When the condition appears gradually, the heel pain lasts longer. This condition will cause you to shorten your running or walking distance. You may also start shifting your body weight towards the front of the foot, away from the heel.
What causes this problem?
Plantar fasciitis is associated with a lack of flexibility of the calf muscles and Achilles tendon as well as high-arched feet. This condition can be triggered by physical activities that overstretch the fascia, including intense sports training, running a long distance too fast and too soon, neglecting to stretch the calf muscles or just a change in running surface.
It can also be caused by other activities like household tasks, increased hill work, and worn shoes. Even new, but poorly constructed, shoes with minimal heel cushioning and insufficient arch support or sole heel flexibility can contribute to the problem.
You can prevent plantar fasciitis by maintaining a healthy weight and by performing stretch and warm-up exercises before running or starting any sports activity. Stretching the plantar fascia in the morning before getting out of bed is recommended. It is also important to select shoes with good arch support and heel cushioning. Changing shoes to a new pair every 250-500 miles (400-800 km) is suggested as well. Constantly switching between two pairs of shoes seems to help some people, as the time period when the shoes are not used helps them to recover their cushioning to the effective level.
People who already have had plantar fasciitis could prevent it from returning by performing exercises that stretch the heel cord (also known as Achilles tendon) and plantar fascia.
After stressful athletic activities, an ice massage on the bottom of the foot could also prevent the condition. Runners who have plantar fasciitis may need to temporarily decrease their running. After a recovery period, activities may be resumed at their previous level of activity. However, before doing so, patients should consult with a physical therapist.
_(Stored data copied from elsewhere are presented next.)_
-- ===== src/Tests/Retry.antt =====
-- Runs of src/retry.rs, src/retry_budget.rs and src/deadline.rs.
use svc_resillience_rs.Prelude.{
  ℕ, ◌+◌, ◌*◌, ◌≡◌, refl, List, [], ◌∷◌, some, Result, ok, err, ◌≤◌, arith, ◌==◌, if◌then◌else◌,
}
use svc_resillience_rs.Prelude.Words.{saturating_pow_u32}
use svc_resillience_rs.Retry.{
  retry, full, equal, zero_initial_delay, maximum_below_initial, factor_below_one,
  display_backoff_error, ExponentialBackoff, backoff_new, delay_after, RetryPolicy, policy_new,
  with_max_elapsed, next_delay, Run, Caller, retry_sync,
}
use svc_resillience_rs.Retry.Backoff.{IsDraw, IsJittered, delay_after_bounds}
use svc_resillience_rs.Retry.Loop.{Explains, retry_returns}
use svc_resillience_rs.RetryBudget.{RetryBudgetConfig}
use svc_resillience_rs.RetryBudget.{
  PrimaryRetryBudget, ShadowRetryBudget, try_acquire_retry, record_success, new,
}
use svc_resillience_rs.RetryBudget.Namespace.{
  Book, primary_namespace, shadow_namespace, book_all, opening_book, budget_new, available_retries,
  book_all_bounded,
}
use svc_resillience_rs.RetryBudget.Accounting.{Call, acquire_retry, succeed}

abbrev doubling : ExponentialBackoff
doubling = record { initial = 10; maximum = 1000; factor = 2; jitter = equal }

backoffs :
    (backoff_new 0 10 2 full ≡ err zero_initial_delay)
    × (backoff_new 10 9 2 full ≡ err maximum_below_initial)
    × (backoff_new 10 10 0 full ≡ err factor_below_one)
    × (display_backoff_error factor_below_one ≡ "backoff factor must be at least one")
unfolding backoff_new display_backoff_error
backoffs = (refl, refl, refl, refl)

doubling_ok : backoff_new 10 1000 2 equal ≡ ok doubling
unfolding backoff_new
doubling_ok = refl

least : IsDraw (λ n. 0)
least n = omega arith

delay_after_bounds_example :
    IsJittered equal 80 (delay_after doubling (λ n. 0) 4) × (delay_after doubling (λ n. 0) 4 ≤ 1000)
delay_after_bounds_example = delay_after_bounds doubling (λ n. 0) 4 least (omega arith)

abbrev three_times : RetryPolicy
three_times = record { max_attempts = 3; max_elapsed = some 100; backoff = doubling }

three_times_built : with_max_elapsed (policy_new 3 doubling) 100 ≡ three_times
unfolding with_max_elapsed policy_new
three_times_built = refl

-- An operation that fails twice and then succeeds; its state is the number of calls so far.
abbrev flaky : ℕ → Result ℕ ℕ × ℕ
flaky calls = (if calls == 2 then ok 42 else err calls, calls + 1)

abbrev flaky_caller : Caller ℕ ℕ ℕ
flaky_caller = record {
  operation = flaky;
  elapsed = λ s attempt. attempt;
  classify = λ e. retry;
  draw = λ attempt n. 0;
}

flaky_run :
    retry_sync three_times flaky_caller 0
    ≡ some (record { result = ok 42; state = 3; calls = 3; sleeps = 10 ∷ 5 ∷ [] })
unfolding retry_sync next_delay delay_after saturating_pow_u32
flaky_run = refl

retry_returns_example :
    (r : Run ℕ ℕ ℕ) × (retry_sync three_times flaky_caller 0 ≡ some r)
    × Explains three_times flaky_caller 1 0 0 r
    × (r.calls ≤ 3)
retry_returns_example = retry_returns three_times flaky_caller 0 (omega arith)

abbrev small_budget : RetryBudgetConfig
small_budget = record { capacity = 2; replenish_per_success = 1 }

abbrev traffic : List Call
traffic = acquire_retry ∷ acquire_retry ∷ acquire_retry ∷ succeed ∷ acquire_retry ∷ []

abbrev primary_book : Book PrimaryRetryBudget
primary_book = book_all (opening_book small_budget) traffic

-- The third retry is refused; the success pays for the fourth.
booked : primary_book ≡ record {
  budget = record { inner = record { config = small_budget; available = 0 } };
  retries = 3;
  successes = 1;
}
unfolding book_all budget_new try_acquire_retry record_success new
booked = refl

book_all_bounded_example :
    (available_retries (book_all (opening_book {B = ShadowRetryBudget} small_budget) traffic).budget
      ≤ 2)
    × (available_retries
            (book_all (opening_book {B = ShadowRetryBudget} small_budget) traffic).budget
          + (book_all (opening_book {B = ShadowRetryBudget} small_budget) traffic).retries
        ≤ 2 + 1 * (book_all (opening_book {B = ShadowRetryBudget} small_budget) traffic).successes)
book_all_bounded_example = book_all_bounded ShadowRetryBudget small_budget traffic
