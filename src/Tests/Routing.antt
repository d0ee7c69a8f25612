-- ===== src/Tests/Routing.antt =====
-- Runs of src/routing.rs.
use svc_resillience_rs.Prelude.{
  ◌≡◌, refl, [], ◌∷◌, true, ok, err, done, panicked, u64_max, count_below, here, there, All, List,
}
use svc_resillience_rs.Route.{
  empty_route_id, empty_route_table, duplicate_route_id, no_weighted_eligible_route,
  weight_overflow, generation_exhausted, display_table_error, route_id_new, contains, same_id,
}
use svc_resillience_rs.Routing.{
  RouteTableStore, scan, table_new, select_with, select, replace, store_new,
}
use svc_resillience_rs.Routing.Table.{IsTable, table_new_of}
use svc_resillience_rs.Routing.Selection.{picked, select_with-exact}
use svc_resillience_rs.Routing.Snapshots.{
  StoreCall, reading, replacing, given, InOrder, given-consistent,
}
use svc_resillience_rs.Tests.{
  route_a, route_b, route_c, route_off, some_routes, some_table, some_table-IsTable,
}

abbrev some_store : RouteTableStore
some_store = record { current = some_table }

empty_id : route_id_new "" ≡ err empty_route_id
unfolding route_id_new
empty_id = refl

no_routes : table_new 1 [] ≡ err empty_route_table
unfolding table_new
no_routes = refl

twice : table_new 1 (route_a ∷ route_a ∷ []) ≡ err duplicate_route_id
unfolding table_new scan contains same_id
twice = refl

only_disabled : table_new 1 (route_off ∷ []) ≡ err no_weighted_eligible_route
unfolding table_new scan contains
only_disabled = refl

too_heavy :
    table_new 1 (route_a ∷ record { id = route_b.id; weight = u64_max; enabled = true } ∷ [])
    ≡ err weight_overflow
unfolding table_new scan contains same_id
too_heavy = refl

exhausted_text : display_table_error generation_exhausted ≡ "route-table generation exhausted u64"
unfolding display_table_error
exhausted_text = refl

boundaries :
    (select some_table (λ n. 1) ≡ done route_a)
    × (select some_table (λ n. 2) ≡ done route_b)
    × (select some_table (λ n. 9) ≡ done route_c)
    × (select some_table (λ n. 10) ≡ panicked)
unfolding select
boundaries = (refl, refl, refl, refl)

exhausted :
    (replace (record { current = record some_table { generation = u64_max } }) some_routes).1
    ≡ err generation_exhausted
unfolding replace
exhausted = refl

table_new_of_example : table_new 17 some_routes ≡ ok some_table
table_new_of_example = table_new_of some_table some_table-IsTable

select_with-exact_example :
    count_below 10 (λ c. picked route_b.id (select_with some_table (λ n. c))) ≡ 3
select_with-exact_example =
    select_with-exact some_table route_b some_table-IsTable (there (here refl)) refl

abbrev calls : List StoreCall
calls = reading ∷ replacing (route_b ∷ []) ∷ replacing [] ∷ reading ∷ []

given-consistent_example :
    All IsTable (given (store_new some_table) calls) × InOrder (given (store_new some_table) calls)
given-consistent_example = given-consistent some_table calls some_table-IsTable
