-- ===== src/Tests/Shadow.antt =====
-- Runs of src/shadow.rs, src/shadow_policy.rs and src/shadow_outcome.rs.
use svc_resillience_rs.Prelude.{
  ◌≡◌, refl, ◌⊎◌, Bool, true, false, not, none, some, ok, err, done, panicked, here, there, ◌≤◌,
  arith, ltb, count_below, duration_max,
}
use svc_resillience_rs.Route.{Route, same_id, draw_out_of_range, display_table_error}
use svc_resillience_rs.Weighted.{checked_total, total}
use svc_resillience_rs.Routing.{select_with}
use svc_resillience_rs.Eligibility.{from_predicate}
use svc_resillience_rs.Shadow.{
  ShadowSampling, shadow_parts_per_million, sampling_new, sample_with, sampled_or_not, sample,
  always, disabled, RoutePlan, primary_selection, select_shadow, plan_with, plan_eligible_with,
  build_plan, shadow_of, draw_shadow, walk_shadow, parts_per_million_out_of_range,
}
use svc_resillience_rs.Shadow.Display.{display_sampling_error, display_plan_error}
use svc_resillience_rs.Shadow.Sampling.{sample_with-exact}
use svc_resillience_rs.Shadow.Plan.{
  IsPlan, shadows, shadows_as, select_shadow-exact, plan_with-safe,
}
use svc_resillience_rs.Shadow.Eligible.{Planned, plan_eligible_with-safe}
use svc_resillience_rs.Prelude.Words.{saturating_pow_u32}
use svc_resillience_rs.Retry.{RetryPolicy, no_jitter, retry, next_delay, delay_after}
use svc_resillience_rs.ShadowPolicy.{
  ShadowExecutionPolicy, zero_deadline, display_policy_error, with_retry_policy, next_retry_delay,
}
use svc_resillience_rs.ShadowPolicy.Runs.{ShadowRun, first, again, shadow_runs_bounded}
use svc_resillience_rs.Tests.{
  id_a, route_a, route_b, route_c, some_routes, some_table, some_table-IsTable,
}

abbrev quarter : ShadowSampling
quarter = record { parts_per_million = 250_000 }

abbrev not_b : Route → Bool
not_b r = not (same_id r.id route_b.id)

texts :
    (display_sampling_error parts_per_million_out_of_range
      ≡ "shadow sampling parts-per-million must be at most 1,000,000")
    × (display_plan_error (primary_selection draw_out_of_range)
        ≡ "primary route selection failed: weighted-selection draw was outside the requested range")
    × (display_policy_error zero_deadline ≡ "shadow deadline must be greater than zero")
unfolding display_sampling_error display_plan_error display_table_error display_policy_error
texts = (refl, refl, refl)

quarter_ok : sampling_new 250_000 ≡ ok quarter
unfolding sampling_new
quarter_ok = refl

boundary :
    (sample quarter (λ n. 249_999) ≡ done true)
    × (sample quarter (λ n. 250_000) ≡ done false)
    × (sample quarter (λ n. 1_000_000) ≡ panicked)
    × (sample_with disabled (λ n. 0) ≡ ok false)
    × (sample_with always (λ n. 1_000_000) ≡ ok true)
unfolding sample disabled always
boundary = (refl, refl, refl, refl, refl)

abbrev the_plan : RoutePlan
the_plan = record {
  generation = 17;
  primary = id_a;
  shadow = some route_b.id;
  shadow_sampled = true;
}

planned : plan_with some_table always (λ n. 0) (λ n. 0) (λ n. 0) ≡ done (ok the_plan)
unfolding plan_with select_with sample_with always sampled_or_not shadow_of select_shadow
    checked_total draw_shadow walk_shadow build_plan same_id
planned = refl

sample_with-exact_example :
    (sample_with quarter (λ n. 7) ≡ ok (ltb 7 250_000))
    × (count_below shadow_parts_per_million (λ c. sampled_or_not (sample_with quarter (λ n. c)))
        ≡ 250_000)
sample_with-exact_example = sample_with-exact 250_000 quarter (λ n. 7) quarter_ok (omega arith)

select_shadow-exact_example :
    count_below
      (total (shadows route_a some_routes))
      (λ c. shadows_as route_c.id (select_shadow some_table route_a (λ n. c)))
    ≡ 5
unfolding same_id
select_shadow-exact_example =
    select_shadow-exact some_table route_a route_c some_table-IsTable (there (there (here refl)))
      refl

plan_with-safe_example :
    ((primary : Route) × (p : RoutePlan) × (select_with some_table (λ n. 3) ≡ done (ok primary))
      × (plan_with some_table quarter (λ n. 3) (λ n. 9) (λ n. 99) ≡ done (ok p))
      × IsPlan some_table primary true (λ n. 99) p)
    ⊎ ((select_with some_table (λ n. 3) ≡ done (err draw_out_of_range))
        × (plan_with some_table quarter (λ n. 3) (λ n. 9) (λ n. 99)
            ≡ done (err (primary_selection draw_out_of_range))))
plan_with-safe_example =
    plan_with-safe some_table quarter (λ n. 3) (λ n. 9) (λ n. 99) some_table-IsTable

plan_eligible_with-safe_example :
    Planned not_b some_table
      (λ n. 3)
      (plan_eligible_with some_table
        (from_predicate some_table not_b)
        always
        (λ n. 3)
        (λ n. 0)
        (λ n. 0))
plan_eligible_with-safe_example =
    plan_eligible_with-safe some_table not_b always (λ n. 3) (λ n. 0) (λ n. 0) some_table-IsTable

abbrev patient : RetryPolicy
patient = record {
  max_attempts = 3;
  max_elapsed = none;
  backoff = record { initial = 10; maximum = 1000; factor = 2; jitter = no_jitter };
}

abbrev shadow_policy : ShadowExecutionPolicy
shadow_policy = record { deadline = 100; retry_policy = none }

granted : next_retry_delay (with_retry_policy shadow_policy patient) (λ n. 0) 2 50 retry ≡ some 20
unfolding next_retry_delay with_retry_policy next_delay delay_after saturating_pow_u32
granted = refl

-- The first attempt takes 30 ns and is retried after 10 ns; the second takes 10 ns and is retried
-- after 20 ns, at 70 ns.
granted_first :
    next_retry_delay (with_retry_policy shadow_policy patient) (λ n. 0) 1 30 retry ≡ some 10
unfolding next_retry_delay with_retry_policy next_delay delay_after saturating_pow_u32
granted_first = refl

two_retries : ShadowRun (with_retry_policy shadow_policy patient) 3 30 70
two_retries =
    again 2 10 40 50 20 (λ n. 0) retry
      (again 1 0 0 30 10 (λ n. 0) retry first (omega arith) granted_first) (omega arith) granted

shadow_runs_bounded_example : (3 ≤ 3) × (30 ≤ 70) × ((duration_max ≤ 100) ⊎ (70 ≤ 100))
shadow_runs_bounded_example =
    shadow_runs_bounded shadow_policy patient 3 30 70 (omega arith) two_retries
First of all, if you have significant foot or heel pain (especially if this pain makes it difficult for you to walk normally), call your doctor immediately. The first step in treatment of the condition is massaging your feet by rolling a golf or tennis ball under your foot. Then you need to apply ice by rolling a frozen bottle of water under your foot. After that first aid, it is crucial that you use proper footwear. Having proper arch support is very important; avoid walking around barefoot or in a flimsy shoe as this can delay recovery time. Most patients with plantar fasciitis recover with conservative treatments (including resting, icing the painful area, and stretching) after several months.
If this conservative treatment does not help, the doctor may recommend that you wear a night splint for 6 to 8 weeks. During sleep, the night splint keeps the patient’s foot in a neutral or slightly bent position to help maintain the natural stretch of the plantar fascia and heel cord. If the night splint does not work, the next treatment option may be to inject corticosteroid medication into the painful area or place your foot in a short leg cast for one to three months.
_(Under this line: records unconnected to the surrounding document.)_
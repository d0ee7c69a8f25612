-- ===== src/Tokio.antt =====
-- src/tokio_runtime.rs: a request's budget bound to Tokio's clock. An instant is a number of
-- nanoseconds, and a reading of the clock is an argument. What `tokio::time::timeout` makes of the
-- caller's future is an argument too: from the time that the future gets, its output, or `none` if
-- the time ran out.
pub mod Laws
use svc_resillience_rs.Prelude.{
  ℕ, ◌-◌, Bool, not, Option, none, some, leb, if◌then◌else◌, Result, ok, err, ok_or, Duration,
}
use svc_resillience_rs.Deadline.{LogicalRequestBudget, is_exhausted, clamp_child, can_wait}
use svc_resillience_rs.Deadline as Deadline

pub data TokioExecutionStop : Type 0 where
  caller_cancelled logical_deadline_exceeded child_timeout : TokioExecutionStop
  backoff_would_exhaust_budget : TokioExecutionStop

pub record TokioRequestBudget : Type 0 where
  pub core : LogicalRequestBudget
  pub started : ℕ

-- `start` is this with the present instant.
unfoldable pub from_start : LogicalRequestBudget → ℕ → TokioRequestBudget
from_start core started = record { core = core; started = started }

unfoldable pub elapsed : TokioRequestBudget → ℕ → Duration
elapsed b now = now - b.started

unfoldable pub remaining : TokioRequestBudget → ℕ → Option Duration
unfolding elapsed
remaining b now = Deadline.remaining b.core (elapsed b now)

-- The stop that a timeout reports.
unfoldable pub stop_of : Option Duration → Duration → TokioExecutionStop
stop_of none requested = child_timeout
stop_of (some left) requested =
    if leb left requested then logical_deadline_exceeded else child_timeout

unfoldable pub timeout {ℓ} :
    {T : Type ℓ}
    → TokioRequestBudget
    → ℕ
    → Duration
    → (Duration → Option T)
    → Result T TokioExecutionStop
unfolding elapsed stop_of
timeout b now requested future =
    if is_exhausted b.core (elapsed b now)
    then err logical_deadline_exceeded
    else ok_or (future (clamp_child b.core (elapsed b now) requested))
        (stop_of (Deadline.remaining b.core (elapsed b now)) requested)

-- The biased `select!`: `cancelled` says whether the cancellation completes first.
unfoldable pub timeout_or_cancel {ℓ} :
    {T : Type ℓ}
    → TokioRequestBudget
    → ℕ
    → Duration
    → (Duration → Option T)
    → Bool
    → Result T TokioExecutionStop
timeout_or_cancel b now requested future cancelled =
    if cancelled then err caller_cancelled else timeout b now requested future

-- `sleep_backoff`; `woken` is the reading after the sleep.
unfoldable pub sleep_backoff :
    TokioRequestBudget → ℕ → ℕ → Duration → Result {0, 0} Unit TokioExecutionStop
unfolding elapsed
sleep_backoff b now woken delay =
    if not (can_wait b.core (elapsed b now) delay)
    then err backoff_would_exhaust_budget
    else if is_exhausted b.core (elapsed b woken)
    then err logical_deadline_exceeded
    else ok tt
Plantar fasciitis patients may also be treated with shockwave therapy, in which the focused sound energy is applied to the sore heel. The shockwaves then irritate or injure the plantar fascia to encourage healing. However, according to Harvard Medical School, the overall benefit of this approach is uncertain.
If all the above listed methods fail, then the doctor may suggest plantar fascia surgery. However, this method is rarely used, and surgery is not always successful in eliminating the plantar fasciitis condition.